**Entries provided:**
+ + + +
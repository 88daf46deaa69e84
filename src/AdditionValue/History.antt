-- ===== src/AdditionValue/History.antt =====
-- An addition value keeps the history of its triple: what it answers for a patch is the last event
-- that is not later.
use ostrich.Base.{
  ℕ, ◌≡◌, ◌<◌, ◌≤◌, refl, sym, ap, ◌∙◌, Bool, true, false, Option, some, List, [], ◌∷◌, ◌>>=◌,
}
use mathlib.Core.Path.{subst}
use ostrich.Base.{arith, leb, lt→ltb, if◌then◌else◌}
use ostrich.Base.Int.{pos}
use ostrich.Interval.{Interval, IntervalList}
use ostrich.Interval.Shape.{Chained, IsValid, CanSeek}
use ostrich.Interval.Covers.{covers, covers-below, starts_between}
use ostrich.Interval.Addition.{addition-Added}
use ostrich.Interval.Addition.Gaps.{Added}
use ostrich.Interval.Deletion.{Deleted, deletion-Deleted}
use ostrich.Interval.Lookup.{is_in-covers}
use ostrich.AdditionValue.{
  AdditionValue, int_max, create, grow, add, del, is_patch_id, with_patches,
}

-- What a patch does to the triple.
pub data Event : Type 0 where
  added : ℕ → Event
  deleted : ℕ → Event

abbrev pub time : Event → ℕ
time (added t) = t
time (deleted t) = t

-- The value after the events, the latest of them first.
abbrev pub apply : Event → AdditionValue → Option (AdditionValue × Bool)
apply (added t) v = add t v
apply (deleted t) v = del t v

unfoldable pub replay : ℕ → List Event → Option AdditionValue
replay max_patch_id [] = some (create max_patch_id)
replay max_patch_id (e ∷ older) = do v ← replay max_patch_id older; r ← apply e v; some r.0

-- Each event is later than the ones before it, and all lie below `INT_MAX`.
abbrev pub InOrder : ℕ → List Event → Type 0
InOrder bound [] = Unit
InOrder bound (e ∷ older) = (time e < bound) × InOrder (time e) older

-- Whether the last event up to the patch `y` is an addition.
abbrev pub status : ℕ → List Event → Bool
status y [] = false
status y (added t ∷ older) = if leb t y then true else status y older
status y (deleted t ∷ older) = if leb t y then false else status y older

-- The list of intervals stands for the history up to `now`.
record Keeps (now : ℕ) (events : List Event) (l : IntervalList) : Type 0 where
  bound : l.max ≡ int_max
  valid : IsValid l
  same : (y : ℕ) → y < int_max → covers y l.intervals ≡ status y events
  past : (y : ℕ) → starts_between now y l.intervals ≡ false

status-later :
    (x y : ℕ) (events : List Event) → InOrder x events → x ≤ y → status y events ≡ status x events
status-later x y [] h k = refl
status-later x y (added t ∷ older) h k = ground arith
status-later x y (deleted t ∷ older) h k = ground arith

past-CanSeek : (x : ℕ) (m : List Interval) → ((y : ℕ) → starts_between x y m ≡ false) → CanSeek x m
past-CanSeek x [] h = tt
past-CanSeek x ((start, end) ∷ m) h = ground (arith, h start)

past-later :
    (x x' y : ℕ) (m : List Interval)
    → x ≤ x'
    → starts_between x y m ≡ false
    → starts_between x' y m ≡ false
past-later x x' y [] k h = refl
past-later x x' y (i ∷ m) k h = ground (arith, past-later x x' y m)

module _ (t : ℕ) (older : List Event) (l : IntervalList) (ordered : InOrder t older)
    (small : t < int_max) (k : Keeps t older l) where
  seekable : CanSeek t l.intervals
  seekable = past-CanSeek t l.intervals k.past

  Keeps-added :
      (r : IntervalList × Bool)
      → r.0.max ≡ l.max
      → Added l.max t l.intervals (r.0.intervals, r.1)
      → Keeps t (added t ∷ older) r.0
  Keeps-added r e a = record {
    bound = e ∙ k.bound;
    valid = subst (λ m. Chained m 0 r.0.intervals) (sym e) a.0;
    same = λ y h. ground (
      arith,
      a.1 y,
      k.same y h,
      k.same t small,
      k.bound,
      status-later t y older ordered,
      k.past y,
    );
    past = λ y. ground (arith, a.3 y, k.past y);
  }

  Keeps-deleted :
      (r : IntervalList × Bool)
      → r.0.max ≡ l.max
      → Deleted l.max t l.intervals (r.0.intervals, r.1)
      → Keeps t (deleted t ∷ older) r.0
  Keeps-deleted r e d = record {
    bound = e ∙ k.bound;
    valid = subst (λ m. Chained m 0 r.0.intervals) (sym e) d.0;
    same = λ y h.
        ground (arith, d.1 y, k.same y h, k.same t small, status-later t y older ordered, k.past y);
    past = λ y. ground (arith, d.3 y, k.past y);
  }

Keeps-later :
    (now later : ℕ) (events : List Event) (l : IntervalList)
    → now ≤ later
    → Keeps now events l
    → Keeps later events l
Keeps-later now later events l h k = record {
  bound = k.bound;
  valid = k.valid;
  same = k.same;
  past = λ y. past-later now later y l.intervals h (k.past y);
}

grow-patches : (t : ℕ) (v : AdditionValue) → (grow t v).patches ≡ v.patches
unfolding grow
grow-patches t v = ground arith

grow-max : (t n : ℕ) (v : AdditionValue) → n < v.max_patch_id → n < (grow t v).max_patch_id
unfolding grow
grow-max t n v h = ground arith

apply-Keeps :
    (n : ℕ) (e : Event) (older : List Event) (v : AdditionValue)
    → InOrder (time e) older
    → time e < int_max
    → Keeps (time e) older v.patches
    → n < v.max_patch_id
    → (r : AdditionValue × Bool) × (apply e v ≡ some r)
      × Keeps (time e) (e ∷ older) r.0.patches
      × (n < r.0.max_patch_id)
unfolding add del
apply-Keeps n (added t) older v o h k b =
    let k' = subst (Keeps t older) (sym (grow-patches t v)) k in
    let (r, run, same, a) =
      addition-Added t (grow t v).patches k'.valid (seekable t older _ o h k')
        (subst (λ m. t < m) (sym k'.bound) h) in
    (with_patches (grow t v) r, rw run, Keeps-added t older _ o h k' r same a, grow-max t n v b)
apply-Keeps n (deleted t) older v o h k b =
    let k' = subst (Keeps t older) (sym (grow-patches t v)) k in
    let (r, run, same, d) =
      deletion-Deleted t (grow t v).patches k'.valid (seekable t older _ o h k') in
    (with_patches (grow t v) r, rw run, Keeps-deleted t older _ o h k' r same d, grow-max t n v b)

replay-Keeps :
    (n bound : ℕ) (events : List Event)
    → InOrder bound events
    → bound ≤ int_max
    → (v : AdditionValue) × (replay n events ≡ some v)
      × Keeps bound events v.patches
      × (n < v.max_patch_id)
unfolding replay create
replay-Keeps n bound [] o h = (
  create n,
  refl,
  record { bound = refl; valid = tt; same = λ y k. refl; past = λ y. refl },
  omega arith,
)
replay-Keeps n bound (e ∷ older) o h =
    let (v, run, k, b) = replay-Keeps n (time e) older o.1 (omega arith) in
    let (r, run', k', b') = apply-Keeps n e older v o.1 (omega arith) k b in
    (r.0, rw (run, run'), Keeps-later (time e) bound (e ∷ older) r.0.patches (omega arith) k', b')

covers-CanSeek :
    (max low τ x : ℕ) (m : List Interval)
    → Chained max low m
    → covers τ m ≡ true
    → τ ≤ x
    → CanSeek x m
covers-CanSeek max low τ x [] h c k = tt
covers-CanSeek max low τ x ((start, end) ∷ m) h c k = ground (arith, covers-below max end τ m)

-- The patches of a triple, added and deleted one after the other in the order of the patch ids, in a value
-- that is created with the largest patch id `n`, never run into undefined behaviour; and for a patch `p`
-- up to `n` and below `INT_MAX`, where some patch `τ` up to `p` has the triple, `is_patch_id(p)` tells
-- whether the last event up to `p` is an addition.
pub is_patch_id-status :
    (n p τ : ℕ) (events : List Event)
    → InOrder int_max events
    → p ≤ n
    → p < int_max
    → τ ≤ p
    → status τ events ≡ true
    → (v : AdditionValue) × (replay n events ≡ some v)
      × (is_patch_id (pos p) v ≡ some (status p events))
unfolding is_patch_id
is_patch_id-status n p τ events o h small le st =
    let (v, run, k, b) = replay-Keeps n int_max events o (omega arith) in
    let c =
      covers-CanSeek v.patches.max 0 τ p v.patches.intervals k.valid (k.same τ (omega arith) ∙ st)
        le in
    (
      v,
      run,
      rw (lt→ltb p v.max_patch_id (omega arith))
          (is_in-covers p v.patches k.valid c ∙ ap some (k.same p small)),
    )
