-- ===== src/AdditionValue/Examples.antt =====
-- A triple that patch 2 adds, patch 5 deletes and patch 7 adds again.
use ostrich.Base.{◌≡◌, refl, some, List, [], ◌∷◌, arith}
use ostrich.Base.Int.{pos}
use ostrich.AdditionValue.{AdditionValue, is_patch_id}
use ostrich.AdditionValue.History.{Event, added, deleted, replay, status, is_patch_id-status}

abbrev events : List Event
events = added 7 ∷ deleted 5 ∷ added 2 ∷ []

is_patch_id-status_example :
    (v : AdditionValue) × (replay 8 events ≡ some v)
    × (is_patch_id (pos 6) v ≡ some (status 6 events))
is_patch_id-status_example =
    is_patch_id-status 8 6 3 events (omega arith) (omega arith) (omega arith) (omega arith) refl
+ + + +
**Task:** An exact copy of the lines above between the line holding "Deleted l.max t l.intervals (r.0.intervals, r.1)" and the line holding "Keeps-later now later", inclusive, is the whole answer.

**Expected answer:**
      → Deleted l.max t l.intervals (r.0.intervals, r.1)
      → Keeps t (deleted t ∷ older) r.0
  Keeps-deleted r e d = record {
    bound = e ∙ k.bound;
    valid = subst (λ m. Chained m 0 r.0.intervals) (sym e) d.0;
    same = λ y h.
        ground (arith, d.1 y, k.same y h, k.same t small, status-later t y older ordered, k.past y);
    past = λ y. ground (arith, d.3 y, k.past y);
  }

Keeps-later :
    (now later : ℕ) (events : List Event) (l : IntervalList)
    → now ≤ later
    → Keeps now events l
    → Keeps later events l
Keeps-later now later events l h k = record {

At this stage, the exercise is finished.